Comparing commercial and analysis-grade chemicals in the preparation of the chromium-melamine syntan, the following study, conducted by industry experts CSIR-CLRI and Sellam Chemicals, showcases the outcomes caused by common and experimental chemical treatment of hides.


One of the unavoidable steps in the transformation of wet-blue to finished leathers is the filling of void spaces in the skin matrix. As a drawback associated with chrome tanning, lack of fullness is being addressed during the post-tanning process by employing synthetic tanning agents. In general, the syntans are manufactured by enhancing the molecular weight of aromatic compounds such as phenol and its derivatives, such as melamine, through condensation reaction. Commercially available chromium syntan, which contains a combination of chromium salt and phenol formaldehyde condensate polymer, is employed during the rechroming process to ensure the uniform chromium content of wet-blue leather sourced from different places and also to impart fullness.

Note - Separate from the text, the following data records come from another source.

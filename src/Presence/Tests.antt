-- ===== src/Presence/Tests.antt =====
-- A tracker of workers/presence/src/index.ts with one identity, whose root key signs its requests.
use nexnet.Common.Hex.{is_id_hex}
use nexnet.Common.{
  ℕ, ◌⊎◌, arith, ◌≡◌, ◌≢◌, refl, Bool, true, false, none, some, [], ◌∷◌, Bytes, Text, codes, same,
  repeat, to_hex, text_discrete, ok, err,
}
use nexnet.Common.Map
use nexnet.Common.Map.{Map, text_key, object_key}
use nexnet.Crypto.{Crypto, string, integer}
use nexnet.Protocol.IdentityAuth.{
  Fields, VerifiedIdentity, verify_identity_auth_json, verify_identity_auth, signed_by,
  is_fresh_issued_at,
}
use nexnet.Protocol.Wire.{from_hex}
use nexnet.Protocol.Credentials.{identity_id_from_wallet}
use nexnet.Protocol.Requests.{Body, object_of, proof}
use nexnet.Presence.State.{Tracker, Refusal, fresh_tracker}
use nexnet.Presence.Requests.{
  SignedBody, read_body, keys_allowed, lease_of, verified_for, check_publish,
}
use nexnet.Presence.Tracker.{
  ensure_loaded, handle_publish, handle_query, claim_issued_at, keep_lease,
}
use nexnet.Common.Map.{Lists}
use nexnet.Presence.Calls.{
  Platform, publishes, run_write, run_call, writes, body_of, operation_of, Becomes, first_tracker,
}
use nexnet.Presence.Calls.Restart.{restart_loses_nothing}
use nexnet.Presence.Calls.Replay.{writes_are_accepted_once}
use nexnet.Presence.Calls.Owners.{only_the_identity_writes}

-- An identity is its root key, and a signature is the key.
abbrev crypto : Crypto
crypto = record {
  verify = λ key message signature. same key signature;
  derive_id = λ domain key. key;
  sha256 = λ bytes. bytes;
  cde_encode = λ fields. [];
}

abbrev platform : Platform
platform = record { crypto = crypto; verify_hex = λ key sig message. some true }

abbrev working : ℕ → Bool
working ws = false

abbrev alice : Bytes
alice = repeat 32 171

abbrev alice_hex : Text
unfolding to_hex
alice_hex = to_hex alice

abbrev fields : Fields
fields =
    (codes "identityId", string alice_hex)
    ∷ (codes "deviceId", string (repeat 64 b'7'))
    ∷ (codes "issuedAt", integer 5)
    ∷ (codes "expiresAt", integer 200000)
    ∷ []

abbrev request : Body
request =
    object_of fields
      (proof (record { root_public_key = alice; certificate = none; signature = alice }))

published : Tracker
published = (run_write platform working 10 (publishes request) first_tracker).0

abbrev alice_body : SignedBody
alice_body = record {
  identity = alice_hex;
  issued_at = 5;
  fields = fields;
  auth = proof (record { root_public_key = alice; certificate = none; signature = alice });
}

-- The lease lasts no longer than ninety seconds.
test_query : (handle_query 20 alice_hex published).1 ≡ some (90010, none)
unfolding published run_write handle_publish handle_query check_publish read_body keys_allowed
    lease_of verified_for verify_identity_auth_json verify_identity_auth signed_by
    identity_id_from_wallet from_hex is_id_hex to_hex text_discrete Map.get Map.set claim_issued_at
    keep_lease
test_query = refl

test_accepted : (run_write platform working 10 (publishes request) first_tracker).1 ≡ ok tt
unfolding run_write handle_publish check_publish read_body keys_allowed lease_of verified_for
    verify_identity_auth_json verify_identity_auth signed_by identity_id_from_wallet from_hex
    is_id_hex to_hex text_discrete Map.get Map.set claim_issued_at keep_lease
test_accepted = refl

test_read : body_of (publishes request) ≡ ok alice_body
unfolding read_body keys_allowed is_id_hex to_hex text_discrete Map.get
test_read = refl

writes_are_accepted_once_example :
    (run_write platform working 11
      (publishes request)
      (run_write platform working 10 (publishes request) first_tracker).0).1
    ≢ ok tt
writes_are_accepted_once_example =
    writes_are_accepted_once platform working working 10 11 (publishes request) (publishes request)
      alice_body alice_body first_tracker
      (run_write platform working 10 (publishes request) first_tracker).0 test_accepted test_read
      test_read refl (omega arith) Becomes.unchanged

published-Becomes : Becomes platform first_tracker published
unfolding published run_call
published-Becomes = Becomes.called working 10 (writes (publishes request)) Becomes.unchanged

published_listed : Lists published.storage published.storage
unfolding published run_write handle_publish check_publish read_body keys_allowed lease_of
    verified_for verify_identity_auth_json verify_identity_auth signed_by identity_id_from_wallet
    from_hex is_id_hex to_hex text_discrete Map.get Map.set claim_issued_at keep_lease
published_listed = (ground arith, λ key. refl)

restart_loses_nothing_example :
    (Map.get (ensure_loaded published.storage (fresh_tracker published.storage)).leases alice_hex
      ≡ Map.get published.leases alice_hex)
    × (Map.get (ensure_loaded published.storage (fresh_tracker published.storage)).prekeys alice_hex
        ≡ Map.get published.prekeys alice_hex)
restart_loses_nothing_example =
    restart_loses_nothing platform published published.storage alice_hex published-Becomes
      published_listed

only_the_identity_writes_example :
    ((e : Refusal) × (run_write platform working 10 (publishes request) first_tracker
        ≡ (first_tracker, err e)))
    ⊎ ((body : SignedBody) × (v : VerifiedIdentity) × ((run_write platform working 10
            (publishes request)
            first_tracker).1
          ≡ ok tt)
        × (body_of (publishes request) ≡ ok body)
        × (verified_for crypto 10 (operation_of (publishes request)) body ≡ some v)
        × (is_fresh_issued_at body.issued_at 10 ≡ true)
        × ((codes "bob" ≡ body.identity)
            ⊎ ((Map.get
                    (run_write platform working 10 (publishes request) first_tracker).0.leases
                    (codes "bob")
                  ≡ Map.get first_tracker.leases (codes "bob"))
                × (Map.get
                      (run_write platform working 10 (publishes request) first_tracker).0.prekeys
                      (codes "bob")
                    ≡ Map.get first_tracker.prekeys (codes "bob")))))
only_the_identity_writes_example =
    only_the_identity_writes platform working 10 (publishes request) first_tracker (codes "bob")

However, in order to improve belly filling, a larger quantity of melamine formaldehyde condensate is needed for the subsequent retanning process. Liberation of free formaldehyde is one of the major limitations of the conventional synthetic tanning agent. Keeping in mind the strictures of free formaldehyde and selective filling, an attempt has been made to prepare a novel formaldehyde-free chromium melamine syntan (CMS). The prepared product has been used in the rechroming process. The product imparts a selective filling and grain-tightening effect on loose areas and also increases the thickness without affecting the area yield. The product provides good dye levelling, excellent buff ability with a sheen, uniform milling pattern and – apart from the upgradation of lower selections – improved cutting value.

Chrome-tanning, emptiness and the rechroming procedure

The hides used for leather manufacturing are anisotropic in nature. Removal of non-leather-making materials such as elastin, reticulin and proteoglycan, plus carrying out various other chemical operations on hides, further increases the anisotropicity. The economic value of the final leather strongly lies in the homogeneity of the substrate. Usage of vegetable tannins in leather-making provides tanning cum-filling action thereby increasing the homogeneity of the substrate. However, 90% of the leather is made by using chromium salt due to the limited availability of vegetable tannins. Though chrome-tanned leathers are superior to vegetable-tanned leathers in terms of hydrothermal stability and mechanical property, the substrate homogeneity is not obtained during the chrome tanning process. In commercial language, tanners generally believe chrome-tanned leathers are empty in nature. The leather industries, in countries such as – but not limited to – India, carry out an operation called rechroming in order to normalise the chromium oxide content in the batch of wet-blues.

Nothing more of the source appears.